Le monastère installé dans la vallée des 818, devint une communauté de chanoinesses séculières réservé aux jeunes-filles de haute noblesse. Le chapitre de Remiremont. Les traces du riche passé sont encore bien visibles au sein de la ville, comme les maisons à arcades bordant les rues commerçantes, sa crypte romane, son église gothique, son élégant palais abatial du XVIIIème siècle entouré d’un ensemble de maison canoniales.

Cette ligne traverse du nord au sud, une ville riche, posée sur l’eau, qui comptait déjà plus de 12 000 habitants au Moyen-Âge. Des fenêtres de notre bus, nous voyons défiler, le temps et le patrimoine religieux, civil, défensif et culturel aussi, tant les loisirs étaient à privilégier pour ces hommes et leurs familles, venus défendre Verdun et la France. Entre 1870 et 1914, la population militaire est supérieure à la population civile.

Esch Belval est un quartier d’Esch-sur-Alzette au Luxembourg. Une grande aciérie dominait la ville. Aujourd’hui un vaste programme requalifie la friche industrielle en un centre scientifique et culturel, notamment avec la Maison du Savoir et l’Université de Luxembourg. Depuis la finalisation de celle-ci en 2015, l’Université, répartie jusqu’ici sur les campus d Kirchberg et de Limpertsberg, emménage progressivement sur le nouveau site de Belval. Transdev assure une desserte reliant les campus de Belval et ceux du Saulcy, Bridoux et du Technopôle à Metz.

La ligne routière « Remiremont-Bussang » exploitée par Transdev est une ligne TER Lorraine de substitution de la ligne ferrée dont l’exploitation a été abandonnée en 1993. Le nom de Remiremont est dérivé de Romarici Mons (Montagne de Romaric) noble de la cour d’Austrasie qui fonda en 620, un monastère pour femmes sur le Saint-Mont. Ce monastère quitta l’endroit en 818, pour rejoindre la rive gauche de la Moselle, à l’abri des crues, où se développa peu à peu la ville. Le monastère devint une communauté de chanoinesses séculières réservée aux jeunes filles de haute noblesse, le « Chapitre de Remiremont ». Les traces du riche passé de Remiremont sont encore bien visibles comme ses maisons à arcades bordant les rues commerçantes, sa crypte romane, son église gothique, son élégant palais abbatial du XVIIIème siècle entouré d’un ensemble de maisons canoniales.
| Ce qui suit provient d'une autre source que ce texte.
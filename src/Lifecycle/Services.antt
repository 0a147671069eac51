-- ===== src/Lifecycle/Services.antt =====
-- The services that an operation calls, which leave the table maintenances alone.
use maintmode.Base.{
  ℕ, refl, inl, inr, true, Option, none, some, List, [], ◌∷◌, ◌==◌, Bool-cases, length, take,
  filter, find, ◌-◌, map,
}
use maintmode.World.Errors.{Result, ok, err, approver_not_eligible, data_exception}
use maintmode.World.Tables.{World, add_reminder}
use maintmode.World.Effect.{◌>>=◌, call, query, ◌>>◌, pure, utc_now, fresh_id, for_each, throw_if}
use maintmode.Lifecycle.Update.{check_new_approver}
use maintmode.Lifecycle.Create.{validate_approver}
use maintmode.Lifecycle.Rows.{
  keep_guard, keep_traverse, keep_call, keep_bind, keep_query, SameRows-refl, SameRows-trans,
  keep_create_many_reminders, keep_create_many_targets, keep_delete_reminders, keep_delete_targets,
  keep_exec, keep_for_each,
}
use maintmode.Entity.User.{approver_eligible_roles}
use maintmode.Entity.Notify.{
  NotifyChannel, NotifyEventKind, maint_cancelled, is_step, DeferredNotification, is_scheduled,
}
use maintmode.Entity.Maint.{Maintenance}
use maintmode.Store.Maintenances.{list_overdue_not_started, overdue_rows}
use maintmode.Store.Children.{
  list_users, user_matches, get_channel, or_no_channel, create_many_targets, delete_targets,
}
use maintmode.Targets.{resolve_notify_target, resolve_one, with_validation, replace_targets}
use maintmode.World.Tx.{within_tx, tx}
use maintmode.Lifecycle.Apply.{
  dispatch_maint_lifecycle, dispatch_kind, cancel_ignored, notify_maint_lifecycle,
  maint_lifecycle_event, ignored,
}
use maintmode.Entity.Commands.{NotifyTargetInput, ConflictQueryCmd}
use maintmode.World.Respects.{Respects, Respects-bind, Respects-dispatch_event}
use maintmode.Lifecycle.Transitions.{SameRows}
use maintmode.Store.Deferred.{create_many_reminders, delete_reminders, list_reminders, set_task_id}
use maintmode.Store.Conflicts.{is_no_range, conflicted_maints, conflicted_resources}
use maintmode.Reminders.{
  enqueue, cancel_one, cancel_enqueued, replace_reminders, schedule_one, schedule,
}
use maintmode.Entity.Conflict.{Conflict}
use maintmode.Conflict.Service.{get_conflicts, attach_resources}

-- The services on top of them.
keep_cancel_one : (n : DeferredNotification) → Respects SameRows (cancel_one n)
unfolding cancel_one
keep_cancel_one n = elim (Bool-cases (is_scheduled n)) [
  | inl yes_it ↦ rw yes_it (keep_exec _ (λ d. refl))
  | inr other ↦ rw other (λ w. refl)
]

keep_cancel_enqueued : (maint_id : ℕ) → Respects SameRows (cancel_enqueued maint_id)
unfolding cancel_enqueued list_reminders
keep_cancel_enqueued maint_id =
    keep_bind (list_reminders maint_id) (for_each cancel_one) (keep_query _)
      λ ns. keep_for_each cancel_one ns keep_cancel_one

pub keep_replace_reminders :
    (maint_id : ℕ) (ns : List DeferredNotification)
    → Respects SameRows (replace_reminders maint_id ns)
unfolding replace_reminders
keep_replace_reminders maint_id ns =
    keep_bind (cancel_enqueued maint_id)
      (λ _. delete_reminders maint_id >> (create_many_reminders maint_id ns >>= λ created. pure tt))
      (keep_cancel_enqueued maint_id)
      λ _. keep_bind (delete_reminders maint_id) _ (keep_delete_reminders maint_id) λ _.
        keep_bind (create_many_reminders maint_id ns) _ (keep_create_many_reminders maint_id ns)
          λ _ w. refl

keep_schedule_one :
    (maint_id now : ℕ) (n : DeferredNotification) → Respects SameRows (schedule_one maint_id now n)
unfolding schedule_one set_task_id
keep_schedule_one maint_id now n =
    keep_bind fresh_id
      (λ task. enqueue (add_reminder task maint_id n.id (n.fire_at - now)) >> set_task_id n.id task)
      (λ w. refl)
      λ task. keep_bind (enqueue _) _ (keep_exec _ λ d. refl) λ _. keep_exec _ (λ d. refl)

pub keep_schedule : (maint_id : ℕ) → Respects SameRows (schedule maint_id)
unfolding schedule list_reminders
keep_schedule maint_id =
    keep_bind (list_reminders maint_id)
      (λ ns. utc_now >>= λ now. for_each (schedule_one maint_id now) ns) (keep_query _)
      λ ns.
        keep_bind utc_now (λ now. for_each (schedule_one maint_id now) ns) (λ w. refl)
          λ now. keep_for_each (schedule_one maint_id now) ns (keep_schedule_one maint_id now)

pub keep_replace_targets : (maint : Maintenance) → Respects SameRows (replace_targets tx maint)
unfolding replace_targets within_tx
keep_replace_targets maint =
    keep_bind (delete_targets maint.id)
      (λ _. create_many_targets maint.id maint.notify_targets >>= λ created. pure tt)
      (keep_delete_targets maint.id)
      λ _.
        keep_bind (create_many_targets maint.id maint.notify_targets) _
          (keep_create_many_targets maint.id maint.notify_targets) λ _ w. refl

keep_conflicted_resources : (ids : List ℕ) → Respects SameRows (conflicted_resources ids)
unfolding conflicted_resources
keep_conflicted_resources [] = λ w. refl
keep_conflicted_resources (i ∷ ids) = keep_query _

keep_attach : (cs : List Conflict) → Respects SameRows (attach_resources cs)
unfolding attach_resources
keep_attach cs =
    keep_bind (conflicted_resources (map (λ (c : Conflict). c.maintenance_id) cs)) _
      (keep_conflicted_resources (map (λ (c : Conflict). c.maintenance_id) cs)) λ _ w. refl

keep_conflicted_maints : (cmd : ConflictQueryCmd) → Respects SameRows (conflicted_maints cmd)
unfolding conflicted_maints
keep_conflicted_maints cmd = keep_bind call _ keep_call λ _.
    keep_bind (throw_if (is_no_range cmd.planned_period) data_exception) _
      (keep_guard (is_no_range cmd.planned_period) data_exception) λ _ w. refl

pub keep_get_conflicts : (cmd : ConflictQueryCmd) → Respects SameRows (get_conflicts cmd)
unfolding get_conflicts conflicted_maints
keep_get_conflicts cmd =
    keep_bind (conflicted_maints cmd) attach_resources (keep_conflicted_maints cmd) keep_attach

keep_notify :
    (kind : NotifyEventKind) (m : Maintenance) → Respects SameRows (notify_maint_lifecycle kind m)
unfolding notify_maint_lifecycle
keep_notify kind m = elim (Bool-cases (is_step kind)) [
  | inl yes_it ↦ rw yes_it (λ w. refl)
  | inr other ↦ rw other (Respects-dispatch_event SameRows SameRows-refl SameRows-trans _)
]

keep_ignored : (maint_id : ℕ) → Respects SameRows (cancel_ignored maint_id)
unfolding cancel_ignored ignored
keep_ignored maint_id w = keep_cancel_enqueued maint_id w

keep_kind : (k : Option NotifyEventKind) (m : Maintenance) → Respects SameRows (dispatch_kind k m)
unfolding dispatch_kind
keep_kind none m = λ w. refl
keep_kind (some maint_cancelled) m =
    Respects-bind SameRows SameRows-refl SameRows-trans (cancel_ignored m.id)
      (λ _. notify_maint_lifecycle maint_cancelled m) (keep_ignored m.id)
      (λ _. keep_notify maint_cancelled m)
keep_kind (some kind) m = keep_notify kind m

pub keep_dispatch :
    (prev current : Maintenance) → Respects SameRows (dispatch_maint_lifecycle prev current)
unfolding dispatch_maint_lifecycle
keep_dispatch prev current = keep_kind (maint_lifecycle_event prev.status current.status) current

pub keep_approver : (approver : ℕ) → Respects SameRows (validate_approver approver)
unfolding validate_approver list_users
keep_approver approver =
    keep_bind
      (query (λ db.
        take 1 (filter (user_matches (approver ∷ []) approver_eligible_roles true) db.users)))
      _ (keep_query _)
      λ users.
        keep_bind call _ keep_call
          λ _. keep_bind call _ keep_call λ _. keep_guard (length users == 0) approver_not_eligible

pub keep_new_approver : (approver : Option ℕ) → Respects SameRows (check_new_approver approver)
keep_new_approver none = λ w. refl
keep_new_approver (some id) = keep_approver id

keep_channel : (id : ℕ) → Respects SameRows (get_channel id)
unfolding get_channel or_no_channel
keep_channel id =
    keep_bind (query (λ db. find (λ (c : NotifyChannel). c.id == id) db.messenger_channels))
      or_no_channel (keep_query _) go
  where
    go : (o : Option NotifyChannel) → Respects SameRows (or_no_channel o)
    go none = λ w. refl
    go (some c) = λ w. refl

pub keep_resolve :
    (maint_id : ℕ) (inputs : List NotifyTargetInput)
    → Respects SameRows (resolve_notify_target maint_id inputs)
unfolding resolve_notify_target resolve_one with_validation
keep_resolve maint_id inputs = keep_traverse (resolve_one maint_id) inputs (λ item.
    keep_bind (λ w. with_validation (get_channel item.channel_id w)) _
      (λ w. go w (get_channel item.channel_id w) (keep_channel item.channel_id w))
      λ channel w. refl)
  where
    go :
        (w : World) (r : Result NotifyChannel × World)
        → SameRows w.db r.1.db
        → SameRows w.db (with_validation r).1.db
    go w (ok c, v) k = k
    go w (err e, v) k = k

pub keep_overdue : (cutoff limit : ℕ) → Respects SameRows (list_overdue_not_started cutoff limit)
unfolding list_overdue_not_started
keep_overdue cutoff limit =
    keep_bind (query (λ db. overdue_rows cutoff limit db.maintenances)) _
      (keep_query (λ db. overdue_rows cutoff limit db.maintenances)) λ rows w. refl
La ligne « super-navette » est l’axe structurant du Grand Longwy. Elle dessert au quart d’heure les principaux sites de l’agglomération. L(histoire de Longwy est liée à la faïencerie depuis la fin du XVIIIème siècle et aussi à la sidérurgie, aux riches heures comme aux vicissitudes de l’abandon de l’activité. Mais il y eut un avant et un après. Un très long avant, puisque la création de Longwy semble précéder la conquête romaine. Il y eut aussi un après sidérurgie difficile, obligeant les décideurs du bassin de Longwy à imaginer dès les années 80, des projets alternatifs pour sauver l’économie.